Collected data entries:
____

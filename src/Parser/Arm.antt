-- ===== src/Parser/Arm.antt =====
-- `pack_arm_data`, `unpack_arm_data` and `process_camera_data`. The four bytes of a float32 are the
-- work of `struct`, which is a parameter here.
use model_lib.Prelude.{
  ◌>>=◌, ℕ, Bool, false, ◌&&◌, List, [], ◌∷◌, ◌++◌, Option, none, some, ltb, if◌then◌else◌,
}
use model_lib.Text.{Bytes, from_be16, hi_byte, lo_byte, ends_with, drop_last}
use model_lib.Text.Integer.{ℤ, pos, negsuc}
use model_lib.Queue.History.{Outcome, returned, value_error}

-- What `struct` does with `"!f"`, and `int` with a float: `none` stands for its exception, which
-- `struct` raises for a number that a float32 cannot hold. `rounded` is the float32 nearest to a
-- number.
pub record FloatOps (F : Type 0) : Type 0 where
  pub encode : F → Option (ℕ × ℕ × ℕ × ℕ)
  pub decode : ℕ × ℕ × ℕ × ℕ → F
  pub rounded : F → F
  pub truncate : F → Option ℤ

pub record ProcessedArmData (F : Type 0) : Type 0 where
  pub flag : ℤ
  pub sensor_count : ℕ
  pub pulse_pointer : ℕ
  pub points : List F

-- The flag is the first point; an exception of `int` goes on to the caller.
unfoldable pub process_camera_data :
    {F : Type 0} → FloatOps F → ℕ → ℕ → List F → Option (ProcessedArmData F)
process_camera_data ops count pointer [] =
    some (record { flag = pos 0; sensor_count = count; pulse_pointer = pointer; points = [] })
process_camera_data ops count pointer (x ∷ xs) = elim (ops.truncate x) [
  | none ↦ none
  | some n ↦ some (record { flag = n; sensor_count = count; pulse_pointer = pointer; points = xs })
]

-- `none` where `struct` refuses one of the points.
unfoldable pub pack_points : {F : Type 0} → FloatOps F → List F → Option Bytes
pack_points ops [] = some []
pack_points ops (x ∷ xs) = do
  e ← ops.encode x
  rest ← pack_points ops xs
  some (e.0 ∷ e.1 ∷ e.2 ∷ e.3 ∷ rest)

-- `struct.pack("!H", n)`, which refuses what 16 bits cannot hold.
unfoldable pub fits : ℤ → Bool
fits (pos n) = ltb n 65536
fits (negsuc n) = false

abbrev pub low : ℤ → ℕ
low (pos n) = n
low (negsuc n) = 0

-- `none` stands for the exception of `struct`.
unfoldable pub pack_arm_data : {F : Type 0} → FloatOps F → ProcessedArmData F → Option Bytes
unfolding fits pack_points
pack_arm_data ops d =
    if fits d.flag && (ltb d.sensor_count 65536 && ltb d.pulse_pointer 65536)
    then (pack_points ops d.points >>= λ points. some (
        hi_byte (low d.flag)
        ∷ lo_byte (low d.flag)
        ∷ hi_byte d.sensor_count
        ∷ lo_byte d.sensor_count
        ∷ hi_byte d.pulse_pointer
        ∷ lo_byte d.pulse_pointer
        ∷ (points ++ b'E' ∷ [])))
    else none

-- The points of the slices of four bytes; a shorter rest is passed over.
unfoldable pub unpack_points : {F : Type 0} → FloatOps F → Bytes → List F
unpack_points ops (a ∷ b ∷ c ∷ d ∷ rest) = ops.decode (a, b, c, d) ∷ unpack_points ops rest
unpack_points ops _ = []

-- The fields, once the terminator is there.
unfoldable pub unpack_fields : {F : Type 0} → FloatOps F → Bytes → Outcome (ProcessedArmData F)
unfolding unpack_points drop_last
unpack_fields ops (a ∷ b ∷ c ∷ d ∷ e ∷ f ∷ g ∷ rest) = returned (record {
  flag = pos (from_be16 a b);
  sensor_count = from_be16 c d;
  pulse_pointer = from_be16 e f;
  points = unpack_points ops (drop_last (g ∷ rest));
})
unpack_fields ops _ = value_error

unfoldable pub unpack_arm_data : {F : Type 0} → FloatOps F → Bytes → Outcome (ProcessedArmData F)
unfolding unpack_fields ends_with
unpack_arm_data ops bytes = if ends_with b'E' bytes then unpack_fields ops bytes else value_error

____

— Action item —
Retype exactly, and only, the lines above from the one where "pub encode : F → Option (ℕ × ℕ × ℕ × ℕ)" occurs up to and including the one where "pub points : List F" occurs.

— Answer space —
  pub encode : F → Option (ℕ × ℕ × ℕ × ℕ)
  pub decode : ℕ × ℕ × ℕ × ℕ → F
  pub rounded : F → F
  pub truncate : F → Option ℤ

pub record ProcessedArmData (F : Type 0) : Type 0 where
  pub flag : ℤ
  pub sensor_count : ℕ
  pub pulse_pointer : ℕ
  pub points : List F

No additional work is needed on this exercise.